DECISÃO MONOCRÁTICA.
AÇÃO DECLARATÓRIA DE INEXISTÊNCIA DE NEGÓCIO JURÍDICO.
COBRANÇAS INDEVIDAS EM CONTA CORRENTE.
MORA ENCARGOS.
PARTE RÉ QUE SE DESINCUMBIU DO SEU ÔNUS PROCESSUAL.
ARTIGO 373, INCISO II, DO CPC.
CONTRATAÇÃO DE CARTAO DE CRÉDITO.
INADIMPLENCIA.
MORA E ENCARGOS.
LEGITIMIDADE DO DESCONTO.
PRODUZIDA PROVA DESCONSTITUTIVA DO DIREITO AUTORAL.
LEGITIMIDADE DO NEGÓCIO JURÍDICO.
AUSÊNCIA DE ATO ILÍCITO.
SENTENÇA DE IMPROCEDENCIA MANTIDA POR SEUS PRÓPRIOS FUNDAMENTOS, EX VI DO ART. 46, DA LEI 9.099/95.
RECURSO CONHECIDO E IMPROVIDO.
DECISÃO MONOCRÁTICA Trata-se de recurso inominado interposto pela parte autora em face da r. sentença prolatada nos autos do processo em epígrafe.

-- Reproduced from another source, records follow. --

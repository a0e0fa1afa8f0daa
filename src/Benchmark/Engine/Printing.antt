-- ===== src/Benchmark/Engine/Printing.antt =====
-- What becomes of a run: its result, and whether its line of the table can be printed.
use media_api.Base.{
  ◌*◌, ◌<◌, ◌≡◌, ◌≢◌, ◌⊎◌, ◌↔◌, inl, inr, refl, ap, Bool, Option, none, some, List, [], ◌∷◌, Bytes,
  codes, ◌++◌, Result, ok, err, length, min, ◌==◌, ==_iff, Bool-cases, arith,
}
use media_api.Base.Integers.{ℤ}
use media_api.Benchmark.Args.{Config}
use media_api.Benchmark.Packets.{Failure, failed, truncated, panicked, out_of_fuel, frame_size}
use media_api.Benchmark.Packets.Total.{decode_with-Ends, encode_with-Ends}
use media_api.Benchmark.Quality.{Floats, Quality, Sums, on_sums, compare_loop, no_sums, compare_pcm}
use media_api.Benchmark.Engine.{
  SoundkitOpus, LibopusRust, Backend, sound_kit, lib_opus_rust, coupled, and_then, encode_track,
  decode_track, EngineResult, Run, on_compared, on_decoded, on_encoded, run_engine, text_of,
  print_row,
}

module _ {ℓ} {A : Type ℓ} where
  abbrev InFuel : Result A Failure → Type ℓ
  InFuel r = r ≢ err out_of_fuel

  and_then-InFuel {κ} :
      {B : Type κ} (message : Bytes → Bytes) (next : B → Result A Failure) (r : Result B Bytes)
      → ((x : B) → InFuel (next x))
      → InFuel (and_then message next r)
  and_then-InFuel message next (err e) h = λ q. cc
  and_then-InFuel message next (ok x) h = h x

compare_pcm-cases :
    (fl : Floats) (checks : Bool) (reference decoded : List ℤ)
    → let r = compare_pcm fl checks reference decoded in
      ((min (length reference) (length decoded) ≡ 0) × (r ≡ ok none))
      ⊎ ((0 < min (length reference) (length decoded))
          × ((r ≡ err panicked) ⊎ ((q : Quality fl) × (r ≡ ok (some q)))))
unfolding compare_pcm
compare_pcm-cases fl checks reference decoded =
    elim (Bool-cases (min (length reference) (length decoded) == 0)) [
      | inl b ↦ rw b (inl ((==_iff _ 0).0 b, refl))
      | inr b ↦ rw b (
          inr (ground arith, on_sums-cases (compare_loop fl checks reference decoded (no_sums fl))))
    ]
  where
    on_sums-cases :
        (s : Option (Sums fl))
        → (on_sums fl reference decoded s ≡ err panicked)
          ⊎ ((q : Quality fl) × (on_sums fl reference decoded s ≡ ok (some q)))
    on_sums-cases none = inl refl
    on_sums-cases (some s) = inr (_, refl)

module _ (fl : Floats) (soundkit : SoundkitOpus) (libopus : LibopusRust) where
  encode_track-InFuel :
      (b : Backend) (c : Config) (pcm : List ℤ) → InFuel (encode_track fl soundkit libopus b c pcm)
  unfolding encode_track
  encode_track-InFuel sound_kit c pcm =
      and_then-InFuel _ _ _ λ e. encode_with-Ends soundkit.opus _ e c.channels _ pcm
  encode_track-InFuel lib_opus_rust c pcm =
      and_then-InFuel (λ e. codes "libopus-rs create encoder: " ++ e) _
        (libopus.create_encoder c.sample_rate c.channels 1 (coupled c.channels) (0 ∷ 1 ∷ []))
        λ e.
          and_then-InFuel (λ x. codes "libopus-rs set bitrate: " ++ x) _
            (libopus.set_bitrate e c.bitrate)
            λ e'.
              encode_with-Ends libopus.opus (λ x. codes "libopus-rs encode: " ++ x) e' c.channels
                (frame_size c.sample_rate) pcm

  decode_track-InFuel :
      (b : Backend) (c : Config) (packets : Bytes)
      → InFuel (decode_track fl soundkit libopus b c packets)
  unfolding decode_track
  decode_track-InFuel sound_kit c packets =
      and_then-InFuel _ _ _ λ d. decode_with-Ends soundkit.opus _ d c.channels packets
  decode_track-InFuel lib_opus_rust c packets =
      and_then-InFuel _ _ _ λ d. decode_with-Ends libopus.opus _ d c.channels packets

  -- A run that was not an error, and of which nothing can be compared.
  abbrev Unmeasured : Run fl soundkit libopus → EngineResult fl soundkit libopus → Type 0
  Unmeasured run r =
      (r.encode_error ≡ none)
      × (r.decode_error ≡ none)
      × ((length run.track.pcm ≡ 0) ⊎ (r.decoded_bytes ≡ 0))

  -- How a run ends: in a panic, or in a result whose line panics exactly if it is not measured.
  abbrev pub Printed :
      Run fl soundkit libopus → Result (EngineResult fl soundkit libopus) Failure → Type 0
  Printed run (err e) = e ≡ panicked
  Printed run (ok r) = (print_row fl soundkit libopus r ≡ none) ↔ Unmeasured run r

  text_of-InFuel :
      (b : Backend) (e : Failure)
      → e ≢ out_of_fuel
      → (e ≡ panicked) ⊎ ((x : Bytes) × (text_of fl soundkit libopus b e ≡ some x))
  text_of-InFuel b (failed x) h = inr (x, refl)
  text_of-InFuel sound_kit truncated h = inr (_, refl)
  text_of-InFuel lib_opus_rust truncated h = inr (_, refl)
  text_of-InFuel b panicked h = inl refl
  text_of-InFuel b out_of_fuel h = absurd (h refl)

  on_compared-Printed :
      (run : Run fl soundkit libopus) (encoded : Bytes) (decoded : List ℤ)
      → Printed run (
          on_compared fl soundkit libopus run encoded decoded
            (compare_pcm fl run.checks run.track.pcm decoded))
  unfolding on_compared print_row
  on_compared-Printed run encoded decoded =
      elim (compare_pcm-cases fl run.checks run.track.pcm decoded) [
        | inl (e, q) ↦ rw q ((λ _. (refl, refl, ground arith)), λ _. refl)
        | inr (some_left, inl q) ↦ rw q refl
        | inr (some_left, inr (quality, q)) ↦ rw q ((λ h. cc), λ h. absurd (measured some_left h.2))
      ]
    where
      measured :
          0 < min (length run.track.pcm) (length decoded)
          → (length run.track.pcm ≡ 0) ⊎ (length decoded * 2 ≡ 0)
          → ⊥
      measured h (inl e) = omega arith
      measured h (inr e) = omega arith

  on_decoded-Printed :
      (run : Run fl soundkit libopus) (encoded : Bytes) (r : Result (List ℤ) Failure)
      → InFuel r
      → Printed run (on_decoded fl soundkit libopus run encoded r)
  unfolding on_decoded print_row
  on_decoded-Printed run encoded (ok decoded) h = on_compared-Printed run encoded decoded
  on_decoded-Printed run encoded (err e) h =
      elim (text_of-InFuel run.backend e (λ q. h (ap err q))) [
        | inl p ↦ rw p refl
        | inr (x, q) ↦ rw q ((λ k. cc), λ k. cc)
      ]

  on_encoded-Printed :
      (run : Run fl soundkit libopus) (r : Result Bytes Failure)
      → InFuel r
      → Printed run (on_encoded fl soundkit libopus run r)
  unfolding on_encoded print_row
  on_encoded-Printed run (ok encoded) h =
      on_decoded-Printed run encoded
        (decode_track fl soundkit libopus run.backend run.config encoded)
        (decode_track-InFuel run.backend run.config encoded)
  on_encoded-Printed run (err e) h = elim (text_of-InFuel run.backend e (λ q. h (ap err q))) [
    | inl p ↦ rw p refl
    | inr (x, q) ↦ rw q ((λ k. cc), λ k. cc)
  ]

-- For each backend, track and configuration, and whether overflow is checked or not, no loop of a run
-- exceeds its fuel: the run panics or has a result. Of a result the line of the table can be printed
-- unless it has no error and nothing was compared, since the track or what was decoded is empty: then
-- it panics.
pub run_engine-Printed :
    (fl : Floats) (soundkit : SoundkitOpus) (libopus : LibopusRust) (run : Run fl soundkit libopus)
    → Printed fl soundkit libopus run (run_engine fl soundkit libopus run)
unfolding run_engine on_encoded print_row
run_engine-Printed fl soundkit libopus run =
    on_encoded-Printed fl soundkit libopus run
      (encode_track fl soundkit libopus run.backend run.config run.track.pcm)
      (encode_track-InFuel fl soundkit libopus run.backend run.config run.track.pcm)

Em síntese, a parte autora ingressou com a presente demanda, aduzindo que a requerida passou a realizar cobranças indevidas denominadas de " MORA ENCARGOS" em sua conta bancária indevidamente O Juízo a quo, em sentença, julgou improcedentes os pedidos.
Irresignada, a parte acionante interpôs recurso inominado.
Contrarrazões foram apresentadas. É o breve relatório.
DECIDO Conheço do recurso interposto, porquanto preenchidos os seus pressupostos de admissibilidade.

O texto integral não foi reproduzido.